I really only have 2 "close" friends. Even then, I only talk to them a couple times a week. They always invite me to stuff, but my anxiety holds me back. I have other acquaintances, mostly former friends and people I used to talk to on a regular basis. For some reason, I can't seem to keep friends. It's cool at first, then they realize how I am and its slowly starts to fade to the occasional "hey, man" when passing each other in the hallways. :|


----------



## Joe (May 18, 2010)

I have a few people I talk to in school but last time I went out with anyone from school was august, last year I went out like once every 2 months with friends but they found other groups which I don't talk with much (anxiety). 

I don't talk to anyone from school outside of it any more though, last person I did's computer broke last year, I was probably more affected by his comp breaking than he was :s 
I go out with my family sometimes but its usually me being forced.

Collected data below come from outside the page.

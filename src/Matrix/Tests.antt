-- ===== src/Matrix/Tests.antt =====
-- A concrete arithmetic, and the operations on concrete matrices.
use libambix.Base.{ℕ, ◌+◌, ◌*◌, ◌≡◌, refl, arith, none, some, done}
use libambix.Matrix.{Accumulator, Float, Matrix, multiply}
use libambix.Matrix.Writes.{IsFilled}
use libambix.Matrix.Exact.{IsExact}
use libambix.Matrix.Products.{dot, multiply-IsFilled}

-- Numbers in the place of floats: every sum of them is exact.
instance abbrev pub number_float : Float ℕ
number_float = record { zero = 0; one = 1 }

abbrev pub number_sums : Accumulator ℕ ℕ ℕ
number_sums = record { start = 0; step = λ s m x. s + m * x; finish = λ s. s }

abbrev pub Exact : ℕ → Type 0
Exact x = Unit

pub number_sums-IsExact : IsExact number_float number_sums Exact
number_sums-IsExact = record { skip = λ s x e. omega arith; take = λ x e. omega arith }

-- Two rows of three cells.
abbrev pub two_rows : Matrix ℕ
two_rows = record { rows = 2; cols = 3; cell = λ r c. r * 3 + c }

abbrev three_rows : Matrix ℕ
three_rows = record { rows = 3; cols = 2; cell = λ r c. r + c }

multiply-IsFilled_example :
    (m : Matrix ℕ) × (multiply number_sums (some two_rows) (some three_rows) none ≡ done m)
    × IsFilled 2 2 (λ r c. dot number_sums 3 (λ i. r * 3 + i) (λ i. i + c)) m
multiply-IsFilled_example = multiply-IsFilled number_sums two_rows three_rows none refl
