-- ===== src/Matrix/Routes.antt =====
-- Diagonal and permutation matrices: `_matrix_diag`, `_matrix_router` and `_matrix_permutate` of
-- libambix/src/matrix.c. The entries of a route are floats with integer values, here integers.
pub mod Laws
pub mod Inverse
pub mod Tests
use libambix.Base.{
  ℕ, Bool, true, false, ltb, ◌||◌, if◌then◌else◌, Option, none, some, List, get_elem?, Outcome,
  done, null, fault, ◌>>=◌, access, for_loop, ℤ, pos, negsuc, is_negative,
}
use libambix.Matrix.{Float, Matrix, write, init}

-- `(uint32_t)x`, which C leaves undefined for a negative x.
abbrev pub cast_u32 : ℤ → Outcome ℕ
cast_u32 (pos n) = done n
cast_u32 (negsuc n) = fault

-- The first loop of `router`: no entry may be negative or above `limit`.
unfoldable pub check_route : List ℤ → ℕ → ℕ → Outcome (Unit {0})
check_route route size limit =
    for_loop size 0
      (λ i u. access (get_elem? route i) >>= λ x.
        cast_u32 x >>= λ o. if is_negative x || ltb limit o then null else done u)
      tt

module _ {F : Type 0} ⦃fl : Float F⦄ where
  -- The old matrix, if any, is resized; what it held is gone.
  unfoldable pub diag : Option (Matrix F) → List F → ℕ → Outcome (Matrix F)
  diag orgmatrix diagonal size =
      for_loop size 0 (λ i m. access (get_elem? diagonal i) >>= λ v. write m i i v) (init size size)

  -- The second loop: a 1 for each entry.
  unfoldable pub place_route : List ℤ → ℕ → Bool → Matrix F → Outcome (Matrix F)
  place_route route size swap = for_loop size 0 λ i m. access (get_elem? route i) >>= λ x.
      cast_u32 x >>= λ o. if swap then write m o i fl.one else write m i o fl.one

  unfoldable pub router : Option (Matrix F) → List ℤ → ℕ → Bool → Outcome (Matrix F)
  router orgmatrix route size swap =
      check_route route size size >>= λ _. place_route route size swap (init size size)

  -- `if(route[i]>=-0.1)` holds of every entry that could be converted.
  unfoldable pub permutate : Matrix F → List ℤ → Bool → Outcome (Matrix F)
  permutate m route swap =
      let size = if swap then m.cols else m.rows in
      let maxroute = if swap then m.rows else m.cols in
      check_route route size maxroute >>= λ _. place_route route size swap m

With my family its 5 people.


----------



## Soilwork (May 14, 2012)

0


----------



## cafune (Jan 11, 2011)

Three people that I genuinely enjoy being around despite my preference for being alone. As sad as it sounds, other than for myself, they're the only ones I'd leave the house for. And sure there are other people that I talk to at school but I feel like I'd be doing those three a disservice by including them.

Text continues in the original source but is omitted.